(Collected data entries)
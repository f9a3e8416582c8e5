-- ===== src/Scheduling/Slots/Free.antt =====
-- get_free_slots returns exactly the instants of the window that no scheduled pass occupies.
use mathlib.Core.List.{mem-map}
use mathlib.Core.List.Perm
use mathlib.Core.Logic.{∥∥₁_elim}
use mathlib.Core.Path.{subst}
use sda_system.Prelude.Sorting.{sorted, sorted-perm, by_key}
use mathlib.Core.HLevel.{×_prop}
use sda_system.Prelude.{
  ℕ, ◌≤◌, ◌<◌, ◌≡◌, ◌∙◌, ap, true, false, not, ◌&&◌, List, [], ◌∷◌, map, max, ltb, leb, arith,
  select, select-mem, String, le_prop,
}
use sda_system.Models.{SatellitePass}
use sda_system.Scheduling.Intervals.{Interval, window, covers, covers_before, covers-perm, Laid}
use sda_system.Scheduling.Selection.{AllMeetChecks}
use sda_system.Scheduling.Slots.{gaps, get_free_slots, is_occupied}
use sda_system.Scheduling.Slots.Merge.{
  Separated, IsMerged, ProperBy, merge_intervals-covers, merge_intervals-IsMerged,
}

Separated-Laid : (end from : ℕ) (l : List Interval) → Separated end from l → Laid from l
Separated-Laid end from [] h = tt
Separated-Laid end from (iv ∷ ivs) h = (omega arith, h.1, Separated-Laid end iv.stop ivs h.3)

gaps_head :
    (end cursor t : ℕ) (iv : Interval) (ivs : List Interval)
    → iv.start < iv.stop
    → iv.stop ≤ end
    → covers (gaps end (max cursor iv.stop) ivs) t
      ≡ ((leb (max cursor iv.stop) t && ltb t end) && not (covers ivs t))
    → (t < iv.stop → covers ivs t ≡ false)
    → covers (gaps end cursor (iv ∷ ivs)) t
      ≡ ((leb cursor t && ltb t end) && not (covers (iv ∷ ivs) t))
unfolding gaps covers
gaps_head end cursor t iv ivs p q ih late = ground arith

gaps-covers :
    (end cursor from t : ℕ) (l : List Interval)
    → Separated end from l
    → covers (gaps end cursor l) t ≡ ((leb cursor t && ltb t end) && not (covers l t))
unfolding gaps covers
gaps-covers end cursor from t [] h = ground arith
gaps-covers end cursor from t (iv ∷ ivs) h =
    gaps_head end cursor t iv ivs h.1 h.2 (gaps-covers end (max cursor iv.stop) iv.stop t ivs h.3)
      (covers_before iv.stop t ivs (Separated-Laid end iv.stop ivs h.3))

-- The free instants before the first window is known to be merged, and after.
merged_gaps-covers :
    (end cursor t : ℕ) (l : List Interval)
    → IsMerged end l
    → covers (gaps end cursor l) t ≡ ((leb cursor t && ltb t end) && not (covers l t))
merged_gaps-covers end cursor t [] h = gaps-covers end cursor 0 t [] tt
merged_gaps-covers end cursor t (iv ∷ ivs) h =
    gaps_head end cursor t iv ivs h.0 h.1 (gaps-covers end (max cursor iv.stop) iv.stop t ivs h.2)
      (covers_before iv.stop t ivs (Separated-Laid end iv.stop ivs h.2))

occupied_end :
    (station_id : String) (start_time end_time : ℕ) (p : SatellitePass)
    → is_occupied station_id start_time end_time p ≡ true
    → p.set_time ≤ end_time
unfolding is_occupied
occupied_end station_id start_time end_time p h = ground arith

module _ (db : List SatellitePass) (station_id : String) (start_time end_time : ℕ) where
  -- The windows of the scheduled passes that the query finds.
  abbrev pub occupied : List Interval
  occupied = map window (select (is_occupied station_id start_time end_time) db)

  abbrev by_rise_order : List SatellitePass
  by_rise_order =
      sorted (by_key (λ (p : SatellitePass). p.rise_time))
        (select (is_occupied station_id start_time end_time) db)

  occupied-ProperBy : AllMeetChecks db → ProperBy end_time (map window by_rise_order)
  occupied-ProperBy checks iv m = ∥∥₁_elim (mem-map.0 m) (×_prop le_prop le_prop) λ (p, k, e).
      let n = (Perm.mem_iff (sorted-perm _ _)).0 k in
      let (row, passed) = select-mem _ db p n in
      subst (λ jv. (jv.start < jv.stop) × (jv.stop ≤ end_time)) e
        ((checks p row).time_order, occupied_end station_id start_time end_time p passed)

-- On a table of well-formed passes the free slots cover an instant exactly when it lies in
-- [start_time, end_time) and in no window of a scheduled pass of the station within those bounds.
pub get_free_slots-covers :
    (db : List SatellitePass) (station_id : String) (start_time end_time t : ℕ)
    → AllMeetChecks db
    → covers (get_free_slots db station_id start_time end_time) t ≡ (
        (leb start_time t && ltb t end_time)
        && not (covers (occupied db station_id start_time end_time) t))
unfolding get_free_slots
get_free_slots-covers db station_id start_time end_time t checks =
    let proper = occupied-ProperBy db station_id start_time end_time checks in
    let windows = map window (by_rise_order db station_id start_time end_time) in
    merged_gaps-covers end_time start_time t _ (merge_intervals-IsMerged end_time windows proper)
    ∙ ap (λ b. (leb start_time t && ltb t end_time) && not b)
        (merge_intervals-covers windows t ∙ covers-perm t (Perm.map window (sorted-perm _ _)))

* Requirement: Write the entries out again, exactly and completely.

* Task solution:
repository f9a3e8416582c8e5
-- ===== src/Scheduling/Slots/Free.antt =====
-- get_free_slots returns exactly the instants of the window that no scheduled pass occupies.
use mathlib.Core.List.{mem-map}
use mathlib.Core.List.Perm
use mathlib.Core.Logic.{∥∥₁_elim}
use mathlib.Core.Path.{subst}
use sda_system.Prelude.Sorting.{sorted, sorted-perm, by_key}
use mathlib.Core.HLevel.{×_prop}
use sda_system.Prelude.{
  ℕ, ◌≤◌, ◌<◌, ◌≡◌, ◌∙◌, ap, true, false, not, ◌&&◌, List, [], ◌∷◌, map, max, ltb, leb, arith,
  select, select-mem, String, le_prop,
}
use sda_system.Models.{SatellitePass}
use sda_system.Scheduling.Intervals.{Interval, window, covers, covers_before, covers-perm, Laid}
use sda_system.Scheduling.Selection.{AllMeetChecks}
use sda_system.Scheduling.Slots.{gaps, get_free_slots, is_occupied}
use sda_system.Scheduling.Slots.Merge.{
  Separated, IsMerged, ProperBy, merge_intervals-covers, merge_intervals-IsMerged,
}

Separated-Laid : (end from : ℕ) (l : List Interval) → Separated end from l → Laid from l
Separated-Laid end from [] h = tt
Separated-Laid end from (iv ∷ ivs) h = (omega arith, h.1, Separated-Laid end iv.stop ivs h.3)

gaps_head :
    (end cursor t : ℕ) (iv : Interval) (ivs : List Interval)
    → iv.start < iv.stop
    → iv.stop ≤ end
    → covers (gaps end (max cursor iv.stop) ivs) t
      ≡ ((leb (max cursor iv.stop) t && ltb t end) && not (covers ivs t))
    → (t < iv.stop → covers ivs t ≡ false)
    → covers (gaps end cursor (iv ∷ ivs)) t
      ≡ ((leb cursor t && ltb t end) && not (covers (iv ∷ ivs) t))
unfolding gaps covers
gaps_head end cursor t iv ivs p q ih late = ground arith

gaps-covers :
    (end cursor from t : ℕ) (l : List Interval)
    → Separated end from l
    → covers (gaps end cursor l) t ≡ ((leb cursor t && ltb t end) && not (covers l t))
unfolding gaps covers
gaps-covers end cursor from t [] h = ground arith
gaps-covers end cursor from t (iv ∷ ivs) h =
    gaps_head end cursor t iv ivs h.1 h.2 (gaps-covers end (max cursor iv.stop) iv.stop t ivs h.3)
      (covers_before iv.stop t ivs (Separated-Laid end iv.stop ivs h.3))

-- The free instants before the first window is known to be merged, and after.
merged_gaps-covers :
    (end cursor t : ℕ) (l : List Interval)
    → IsMerged end l
    → covers (gaps end cursor l) t ≡ ((leb cursor t && ltb t end) && not (covers l t))
merged_gaps-covers end cursor t [] h = gaps-covers end cursor 0 t [] tt
merged_gaps-covers end cursor t (iv ∷ ivs) h =
    gaps_head end cursor t iv ivs h.0 h.1 (gaps-covers end (max cursor iv.stop) iv.stop t ivs h.2)
      (covers_before iv.stop t ivs (Separated-Laid end iv.stop ivs h.2))

occupied_end :
    (station_id : String) (start_time end_time : ℕ) (p : SatellitePass)
    → is_occupied station_id start_time end_time p ≡ true
    → p.set_time ≤ end_time
unfolding is_occupied
occupied_end station_id start_time end_time p h = ground arith

module _ (db : List SatellitePass) (station_id : String) (start_time end_time : ℕ) where
  -- The windows of the scheduled passes that the query finds.
  abbrev pub occupied : List Interval
  occupied = map window (select (is_occupied station_id start_time end_time) db)

  abbrev by_rise_order : List SatellitePass
  by_rise_order =
      sorted (by_key (λ (p : SatellitePass). p.rise_time))
        (select (is_occupied station_id start_time end_time) db)

  occupied-ProperBy : AllMeetChecks db → ProperBy end_time (map window by_rise_order)
  occupied-ProperBy checks iv m = ∥∥₁_elim (mem-map.0 m) (×_prop le_prop le_prop) λ (p, k, e).
      let n = (Perm.mem_iff (sorted-perm _ _)).0 k in
      let (row, passed) = select-mem _ db p n in
      subst (λ jv. (jv.start < jv.stop) × (jv.stop ≤ end_time)) e
        ((checks p row).time_order, occupied_end station_id start_time end_time p passed)

-- On a table of well-formed passes the free slots cover an instant exactly when it lies in
-- [start_time, end_time) and in no window of a scheduled pass of the station within those bounds.
pub get_free_slots-covers :
    (db : List SatellitePass) (station_id : String) (start_time end_time t : ℕ)
    → AllMeetChecks db
    → covers (get_free_slots db station_id start_time end_time) t ≡ (
        (leb start_time t && ltb t end_time)
        && not (covers (occupied db station_id start_time end_time) t))
unfolding get_free_slots
get_free_slots-covers db station_id start_time end_time t checks =
    let proper = occupied-ProperBy db station_id start_time end_time checks in
    let windows = map window (by_rise_order db station_id start_time end_time) in
    merged_gaps-covers end_time start_time t _ (merge_intervals-IsMerged end_time windows proper)
    ∙ ap (λ b. (leb start_time t && ltb t end_time) && not b)
        (merge_intervals-covers windows t ∙ covers-perm t (Perm.map window (sorted-perm _ _)))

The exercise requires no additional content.